Stored data entries
* * * * *

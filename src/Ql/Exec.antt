-- ===== src/Ql/Exec.antt =====
-- The statements of src/ql/ql_exec.cpp, over the operations of DBReader and DBTX that they call. A statement
-- that stops leaves its transaction to be aborted.
pub mod Rows
pub mod Assign
mod Tests
use sqldb.Base.{
  ℕ, zero, suc, ◌+◌, Bool, true, false, not, ◌&&◌, List, [], ◌∷◌, ◌++◌, Option, none, some, length,
  ltb, leb, ◌==◌, if◌then◌else◌, ℤ, pos, negsuc, Bytes, text, bytes_eq, Result, ok, stop, failed,
  asserted, out_of_fuel, ◌>>=◌, ◌>>◌, ensure, or_stop,
}
use sqldb.Catalog.Value.{Value, int_64, type_eq, int_eq}
use sqldb.Catalog.Record
use sqldb.Catalog.Record.{Record, empty}
use sqldb.Catalog.TableDef.{TableDef, key_count, key_cols}
use sqldb.Catalog.Schema.{col_index}
use sqldb.Catalog.TextForm.Stream.{show_nat}
use sqldb.Storage.Cmp.{Cmp}
use sqldb.Storage.Kv.Tx.{UpdateMode, upsert, update_only, insert_only}
use sqldb.Ql.Ast.{
  QlNode, uninit, star, tag, tag_eq, QlScan, QlSelect, QlInsert, QlUpdate, QlDelete, QlCreateTable,
  QlStatement, create_table, select, insert, update, delete,
}
use sqldb.Ql.Eval.{ql_eval}
use sqldb.Ql.Range.{ql_range}

-- What scan_rows asks of a DBReader or a DBTX, whose state keeps the definitions that it has read.
pub record Reads (S : Type 0) : Type 1 where
  pub Scan : Type 0
  pub table_def : Bytes → S → Result (TableDef × S)
  pub scan : Bytes → Cmp → Cmp → Record → Record → S → Result (Scan × S)
  pub valid : Scan → Result Bool
  pub next : S → Scan → Result Scan
  pub deref : S → Scan → Result Record

-- What the statements that write ask of a DBTX.
pub record Writes (S : Type 0) : Type 0 where
  pub table_new : TableDef → S → Result S
  pub insert_row : Bytes → Record → S → Result S
  pub update_row : Bytes → Record → S → Result S
  pub upsert_row : Bytes → Record → S → Result S
  pub del_row : Bytes → Record → S → Result S

-- Does the filter keep the row?
unfoldable pub keeps : QlNode → Record → Result Bool
keeps filter rec =
    let tested = (do
      v ← ql_eval filter rec
      ensure (type_eq v.type int_64) (failed (text "WHERE is not a boolean"))
      ok (not (int_eq v.int64 (pos 0)))) in
    if tag_eq (tag filter) uninit then ok true else tested

-- `skipped < req.offset`, and `req.limit >= 0 && taken >= req.limit`.
unfoldable pub to_skip : ℕ → ℤ → Bool
to_skip skipped (pos n) = ltb skipped n
to_skip skipped (negsuc n) = false

unfoldable pub is_full : ℕ → ℤ → Bool
is_full taken (pos n) = leb n taken
is_full taken (negsuc n) = false

-- select_rows on one row: the output columns, each an expression or the row's own columns.
unfoldable pub output_row : List QlNode → List Bytes → Record → Result Record
output_row [] names row = ok empty
output_row (expr ∷ output) names row = do
  rest_names ← elim names [ [] ↦ ok [] | _ ∷ later ↦ ok later ]
  here ← if tag_eq (tag expr) star then ok row else (do
    name ← elim names [ [] ↦ stop asserted | n ∷ _ ↦ ok n ]
    v ← ql_eval expr row
    ok (record { cols = name ∷ []; vals = v ∷ [] }))
  rest ← output_row output rest_names row
  ok (record { cols = here.cols ++ rest.cols; vals = here.vals ++ rest.vals })

unfoldable pub output_rows : List QlNode → List Bytes → List Record → Result (List Record)
output_rows output names [] = ok []
output_rows output names (row ∷ rows) = do
  out ← output_row output names row
  rest ← output_rows output names rows
  ok (out ∷ rest)

unfoldable pub primary_key : List Bytes → Record → Result Record
primary_key [] row = ok empty
primary_key (col ∷ pk) row = do
  v ← or_stop (Record.get row col) (failed (text "row is missing primary key column: " ++ col))
  rest ← primary_key pk row
  ok (record { cols = col ∷ rest.cols; vals = v ∷ rest.vals })

-- The values of a list of expressions against a row.
unfoldable pub eval_list : List QlNode → Record → Result (List Value)
eval_list [] env = ok []
eval_list (expr ∷ exprs) env = do v ← ql_eval expr env; rest ← eval_list exprs env; ok (v ∷ rest)

-- An assignment of ql_update: the first column of the name gets the value.
unfoldable pub set_col : List Bytes → List Value → Bytes → Value → List Value
set_col [] vals name v = vals
set_col (c ∷ cols) [] name v = []
set_col (c ∷ cols) (old ∷ vals) name v =
    let rest = set_col cols vals name v in if bytes_eq c name then v ∷ vals else old ∷ rest

unfoldable pub assign : List Bytes → List Value → Record → Result Record
assign [] vals row = ok row
assign (name ∷ names) [] row = stop asserted
assign (name ∷ names) (v ∷ vals) row =
    assign names vals (record row { vals = set_col row.cols row.vals name v })

-- ql_update's checks of the columns that it sets.
unfoldable pub check_set : TableDef → List Bytes → Result (Unit {0})
check_set d [] = ok tt
check_set d (name ∷ names) = do
  at ← or_stop (col_index d name) (failed (text "unknown column: " ++ name))
  ensure (not (ltb at (key_count d))) (failed (text "cannot update a primary key column: " ++ name))
  check_set d names

-- QLResult
pub record QlResult : Type 0 where
  pub rows : List Record
  pub count : ℕ

module _ {S : Type 0} (tx : Reads S) where
  -- The loop of scan_rows, with a bound on the rows that it visits.
  unfoldable pub scan_loop : ℕ → QlScan → S → tx.Scan → ℕ → ℕ → Result (List Record)
  scan_loop zero req s sc skipped taken = stop out_of_fuel
  scan_loop (suc fuel) req s sc skipped taken = do
    let later : ℕ → ℕ → Result (List Record) =
        λ skipped taken. tx.next s sc >>= λ moved. scan_loop fuel req s moved skipped taken
    good ← tx.valid sc
    let visit = (do
      rec ← tx.deref s sc
      keep ← keeps req.filter rec
      if not keep
          then later skipped taken
          else if to_skip skipped req.offset
          then later (suc skipped) taken
          else if is_full taken req.limit
          then ok []
          else (later skipped (suc taken) >>= λ rest. ok (rec ∷ rest)))
    if good then visit else ok []

  unfoldable pub scan_rows : ℕ → QlScan → S → Result (List Record × S)
  scan_rows fuel req s = do
    ensure (tag_eq (tag req.key1) uninit && tag_eq (tag req.key2) uninit)
        (failed (text "INDEX BY is not supported; this query language filters with WHERE"))
    (d, t) ← tx.table_def req.table s
    let range = ql_range req.filter d
    (sc, u) ← tx.scan req.table range.cmp1 range.cmp2 range.key1 range.key2 t
    rows ← scan_loop fuel req u sc 0 0
    ok (rows, u)

  unfoldable pub select_rows : ℕ → QlSelect → S → Result (List Record × S)
  select_rows fuel req s = do
    (rows, t) ← scan_rows fuel req.scan s
    out ← output_rows req.output req.names rows
    ok (out, t)

  -- ql_exec on a reader.
  unfoldable pub exec_read : ℕ → QlStatement → S → Result (QlResult × S)
  exec_read fuel (select req) s =
      select_rows fuel req s >>= λ r. ok (record { rows = r.0; count = 0 }, r.1)
  exec_read fuel stmt s =
      stop
        (failed (text "only SELECT can run on a reader; this statement needs a write transaction"))

  module _ (txw : Writes S) where
    unfoldable pub write_row : UpdateMode → Bytes → Record → S → Result S
    write_row insert_only table rec s = txw.insert_row table rec s
    write_row update_only table rec s = txw.update_row table rec s
    write_row upsert table rec s = txw.upsert_row table rec s

    -- ql_insert, with the rows that it has counted.
    unfoldable pub insert_rows : QlInsert → List (List QlNode) → ℕ → S → Result (ℕ × S)
    insert_rows req [] count s = ok (count, s)
    insert_rows req (values ∷ later) count s = do
      ensure (length values == length req.names) (
          failed (
            text "row has "
            ++ show_nat (length values)
            ++ text " values but "
            ++ show_nat (length req.names)
            ++ text " columns were named"))
      vals ← eval_list values empty
      t ← write_row req.mode req.table (record { cols = req.names; vals = vals }) s
      insert_rows req later (suc count) t

    unfoldable pub ql_insert : QlInsert → S → Result (ℕ × S)
    ql_insert req s = insert_rows req req.values 0 s

    unfoldable pub update_rows : QlUpdate → List Record → ℕ → S → Result (ℕ × S)
    update_rows req [] count s = ok (count, s)
    update_rows req (row ∷ rows) count s = do
      next ← eval_list req.values row
      changed ← assign req.names next row
      t ← txw.update_row req.scan.table changed s
      update_rows req rows (suc count) t

    unfoldable pub ql_update : ℕ → QlUpdate → S → Result (ℕ × S)
    ql_update fuel req s = do
      (d, t) ← tx.table_def req.scan.table s
      check_set d req.names
      (rows, u) ← scan_rows fuel req.scan t
      update_rows req rows 0 u

    unfoldable pub delete_rows : Bytes → List Bytes → List Record → ℕ → S → Result (ℕ × S)
    delete_rows table pk [] count s = ok (count, s)
    delete_rows table pk (row ∷ rows) count s = do
      key ← primary_key pk row
      t ← txw.del_row table key s
      delete_rows table pk rows (suc count) t

    unfoldable pub ql_delete : ℕ → QlDelete → S → Result (ℕ × S)
    ql_delete fuel req s = do
      (d, t) ← tx.table_def req.scan.table s
      (rows, u) ← scan_rows fuel req.scan t
      delete_rows req.scan.table (key_cols d) rows 0 u

    abbrev counted : Result (ℕ × S) → Result (QlResult × S)
    counted call = call >>= λ r. ok (record { rows = []; count = r.0 }, r.1)

    -- ql_exec on a write transaction.
    unfoldable pub exec : ℕ → QlStatement → S → Result (QlResult × S)
    exec fuel (create_table req) s =
        txw.table_new req.def s >>= λ t. ok (record { rows = []; count = 0 }, t)
    exec fuel (select req) s =
        select_rows fuel req s >>= λ r. ok (record { rows = r.0; count = 0 }, r.1)
    exec fuel (insert req) s = counted (ql_insert req s)
    exec fuel (update req) s = counted (ql_update fuel req s)
    exec fuel (delete req) s = counted (ql_delete fuel req s)

    -- ql_run, with the parser.
    unfoldable pub ql_run : (Bytes → Result QlStatement) → ℕ → Bytes → S → Result (QlResult × S)
    ql_run parse_statement fuel sql s = parse_statement sql >>= λ stmt. exec fuel stmt s
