-- ===== src/Db.antt =====
-- The facade that applications call: include/db.h and src/db.cpp. A write transaction is known by its pages
-- and pairs, by the definitions that the DB's catalog caches for it, and by its flag; a reader by its
-- snapshot and its own definitions. KV's begin, commit and abort are parameters here and stand in
-- Storage/Kv.
pub mod Cached
pub mod Written
use sqldb.Base.{
  Bool, true, false, List, [], ◌∷◌, ◌++◌, Option, none, some, Bytes, text, if◌then◌else◌, Result,
  ok, stop, failed, ◌>>=◌,
}
use sqldb.Catalog.Record.{Record}
use sqldb.Catalog.TableDef.{TableDef}
use sqldb.Catalog.Store
use sqldb.Catalog.Store.{Kv, Cache, find_cached, get_table_def, get_table_def_from_kv}
use sqldb.Storage.Cmp.{Cmp}
use sqldb.Storage.Kv.Tx.{UpdateMode, upsert, update_only, insert_only}
use sqldb.Storage.Kv.Api.{Api}
use sqldb.Access.Rows.{db_update, db_delete}
use sqldb.Access.Scan.{Scanner, db_get, db_scan, scan_valid, scan_next, scan_deref}
use sqldb.Ql.Exec.{Reads, Writes}

-- DBTX, with catalog_.cache_ of its DB, which only the write transaction uses.
pub record Dbtx (S : Type 0) : Type 0 where
  pub kv_tx : S
  pub cache : Cache
  pub created_table : Bool

-- DBReader
pub record DbReader (S : Type 0) : Type 0 where
  pub kv_reader : S
  pub tables : Cache

-- A pointer to a definition, or the error of find_table.
abbrev or_not_found : {T : Type 0} → Bytes → Option TableDef → T → Result (TableDef × T)
or_not_found table none t = stop (failed (text "table not found: " ++ table))
or_not_found table (some d) t = ok (d, t)

module _ {S : Type 0} where
  unfoldable pub begin : (S → S) → Cache → S → Dbtx S
  begin kv_begin cache s = record { kv_tx = kv_begin s; cache = cache; created_table = false }

  -- The cache that a transaction leaves to the DB.
  unfoldable pub left_cache : Dbtx S → Cache
  left_cache tx = if tx.created_table then [] else tx.cache

  unfoldable pub commit : (S → Result S) → Dbtx S → Cache × Result S
  commit kv_commit tx = (left_cache tx, kv_commit tx.kv_tx)

  unfoldable pub abort : (S → S) → Dbtx S → Cache × S
  abort kv_abort tx = (left_cache tx, kv_abort tx.kv_tx)

  unfoldable pub begin_read : (S → S) → S → DbReader S
  begin_read kv_begin_read s = record { kv_reader = kv_begin_read s; tables = [] }

  unfoldable pub end_read : (S → S) → DbReader S → S
  end_read kv_end_read tx = kv_end_read tx.kv_reader

  module _ (kv : Kv S) where
    -- DBReader::find_table, with the definitions that the reader keeps behind it.
    unfoldable pub read_table_def : Bytes → DbReader S → Option TableDef × Cache
    read_table_def table tx = elim (find_cached tx.tables table) [
      | some d ↦ (some d, tx.tables)
      | none ↦ elim (get_table_def_from_kv kv tx.kv_reader table) [
        | none ↦ (none, tx.tables)
        | some d ↦ (some d, (table, d) ∷ tx.tables)
      ]
    ]

    unfoldable pub reader_find_table : Bytes → DbReader S → Result (TableDef × DbReader S)
    reader_find_table table tx =
        let found = read_table_def table tx in
        or_not_found table found.0 (record tx { tables = found.1 })

    -- DBTX::find_table
    unfoldable pub find_table : Bytes → Dbtx S → Result (TableDef × Dbtx S)
    find_table table tx =
        let found = get_table_def kv tx.cache tx.kv_tx table in
        or_not_found table found.0 (record tx { cache = found.1 })

    unfoldable pub table_new : TableDef → Dbtx S → Result (Dbtx S)
    table_new d tx =
        Store.table_new kv tx.kv_tx d >>= λ s. ok (record tx { kv_tx = s; created_table = true })

    module _ (api : Api S) where
      unfoldable pub get : Bytes → Record → Dbtx S → Result (Record × Dbtx S)
      get table rec tx = do
        (d, t) ← find_table table tx
        row ← db_get api d rec t.kv_tx
        ok (row, t)

      unfoldable pub write : UpdateMode → Bytes → Record → Dbtx S → Result (Dbtx S)
      write mode table rec tx = do
        (d, t) ← find_table table tx
        s ← db_update api d rec mode t.kv_tx
        ok (record t { kv_tx = s })

      unfoldable pub insert : Bytes → Record → Dbtx S → Result (Dbtx S)
      insert table rec tx = write insert_only table rec tx

      unfoldable pub update : Bytes → Record → Dbtx S → Result (Dbtx S)
      update table rec tx = write update_only table rec tx

      unfoldable pub upsert_row : Bytes → Record → Dbtx S → Result (Dbtx S)
      upsert_row table rec tx = write upsert table rec tx

      unfoldable pub del : Bytes → Record → Dbtx S → Result (Dbtx S)
      del table rec tx = do
        (d, t) ← find_table table tx
        s ← db_delete api d rec t.kv_tx
        ok (record t { kv_tx = s })

      -- A scanner of the access layer, with the definition that it points to.
      unfoldable pub scan :
          Bytes
          → Cmp
          → Cmp
          → Record
          → Record
          → Dbtx S
          → Result ((TableDef × Scanner api.Iter) × Dbtx S)
      scan table cmp1 cmp2 key1 key2 tx = do
        (d, t) ← find_table table tx
        sc ← db_scan api d cmp1 cmp2 key1 key2 t.kv_tx
        ok ((d, sc), t)

      unfoldable pub reader_get : Bytes → Record → DbReader S → Result (Record × DbReader S)
      reader_get table rec tx = do
        (d, t) ← reader_find_table table tx
        row ← db_get api d rec t.kv_reader
        ok (row, t)

      unfoldable pub reader_scan :
          Bytes
          → Cmp
          → Cmp
          → Record
          → Record
          → DbReader S
          → Result ((TableDef × Scanner api.Iter) × DbReader S)
      reader_scan table cmp1 cmp2 key1 key2 tx = do
        (d, t) ← reader_find_table table tx
        sc ← db_scan api d cmp1 cmp2 key1 key2 t.kv_reader
        ok ((d, sc), t)

      -- What the statements of the query language call.
      abbrev moved : TableDef → S → Scanner api.Iter → Result (TableDef × Scanner api.Iter)
      moved d s sc = scan_next api s sc >>= λ on. ok (d, on)

      unfoldable pub tx_reads : Reads (Dbtx S)
      tx_reads = record {
        Scan = TableDef × Scanner api.Iter;
        table_def = find_table;
        scan = scan;
        valid = λ sc. scan_valid api sc.1;
        next = λ tx sc. moved sc.0 tx.kv_tx sc.1;
        deref = λ tx sc. scan_deref api sc.0 tx.kv_tx sc.1;
      }

      unfoldable pub reader_reads : Reads (DbReader S)
      reader_reads = record {
        Scan = TableDef × Scanner api.Iter;
        table_def = reader_find_table;
        scan = reader_scan;
        valid = λ sc. scan_valid api sc.1;
        next = λ tx sc. moved sc.0 tx.kv_reader sc.1;
        deref = λ tx sc. scan_deref api sc.0 tx.kv_reader sc.1;
      }

      unfoldable pub tx_writes : Writes (Dbtx S)
      tx_writes = record {
        table_new = table_new;
        insert_row = insert;
        update_row = update;
        upsert_row = upsert_row;
        del_row = del;
      }
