-- ===== src/Db/Written.antt =====
-- A row that DBTX::insert has written is what DBTX::get returns.
use sqldb.Base.{
  ◌≡◌, ◌≤◌, refl, List, none, some, length, take, Bytes, bytes_eq_refl, ok, Option-cases, inl, inr,
  All, arith,
}
use sqldb.Catalog.Value.{Value, IsStored}
use sqldb.Catalog.Record.{Record}
use sqldb.Catalog.TableDef.{TableDef, key_count}
use sqldb.Catalog.Store.{Kv, find_cached, get_table_def, get_table_def_from_kv}
use sqldb.Storage.SortedMap.{Pairs, find, put}
use sqldb.Storage.Kv.Tx.{insert_only}
use sqldb.Storage.Kv.Api.{Api}
use sqldb.Access.RowCodec.{check_record}
use sqldb.Access.Rows.Indexed.{Fresh}
use sqldb.Access.Rows.Effect.{IsRow}
use sqldb.Access.Scan.Found.{OwnTypes, db_get-db_update}
use sqldb.Db.{Dbtx, find_table, insert, write, get}

module _ {S : Type 0} (kv : Kv S) where
  -- A definition that find_table has returned is in the cache behind it.
  find_cached-find_table :
      (tx t : Dbtx S) (table : Bytes) (d : TableDef)
      → find_table kv table tx ≡ ok (d, t)
      → find_cached t.cache table ≡ some d
  unfolding find_table get_table_def find_cached
  find_cached-find_table tx t table d found = elim (Option-cases (find_cached tx.cache table)) [
    | inr (c, cached) ↦ ground (arith, cached, found)
    | inl absent ↦ elim (Option-cases (get_table_def_from_kv kv tx.kv_tx table)) [
      | inl nowhere ↦ absurd (ground (arith, absent, nowhere, found))
      | inr (c, stored) ↦ ground (arith, absent, stored, found, bytes_eq_refl table)
    ]
  ]

  find_table_cached :
      (tx : Dbtx S) (table : Bytes) (d : TableDef)
      → find_cached tx.cache table ≡ some d
      → find_table kv table tx ≡ ok (d, tx)
  unfolding find_table get_table_def
  find_table_cached tx table d cached = ground (arith, cached)

  -- For a table with a type for every column, whose key columns are each the first of their name, a new row of
  -- stored values, within the limits, with index keys that are not taken: insert returns, and get behind it, in
  -- the same transaction, returns the row for its primary key, every column in the table's order.
  pub get-insert_row :
      (api : Api S) (tx t : Dbtx S) (table : Bytes) (d : TableDef) (rec key_rec : Record)
      (vals : List Value) (key val : Bytes) (keys : List Bytes) (kvs : Pairs)
      → find_table kv table tx ≡ ok (d, t)
      → OwnTypes d
      → length d.cols ≡ length d.types
      → key_count d ≤ length d.cols
      → IsRow d rec vals key val keys
      → All IsStored vals
      → check_record d key_rec (key_count d) ≡ ok (take (key_count d) vals)
      → api.Stands t.kv_tx kvs
      → find key kvs ≡ none
      → Fresh keys (put key val kvs)
      → (u : Dbtx S) × (insert kv api table rec tx ≡ ok u)
        × (get kv api table key_rec u ≡ ok (record { cols = d.cols; vals = vals }, u))
  unfolding insert write get
  get-insert_row api tx t table d rec key_rec vals key val keys kvs found own parallel covered row
        are_stored same_key stands new fresh =
      let (s, written, got) =
        db_get-db_update api d rec key_rec vals key val keys insert_only t.kv_tx kvs own parallel
          covered row are_stored same_key stands new refl fresh in
      let u : Dbtx S = record t { kv_tx = s } in
      let again = find_table_cached u table d (find_cached-find_table tx t table d found) in
      (u, rw (found, written) refl, rw (again, got) refl)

* * * * *

EXERCISE INSTRUCTIONS
What is the number of lines in the entries above that include the word "tables"? Answer with that number alone.

FINAL ANSWER
7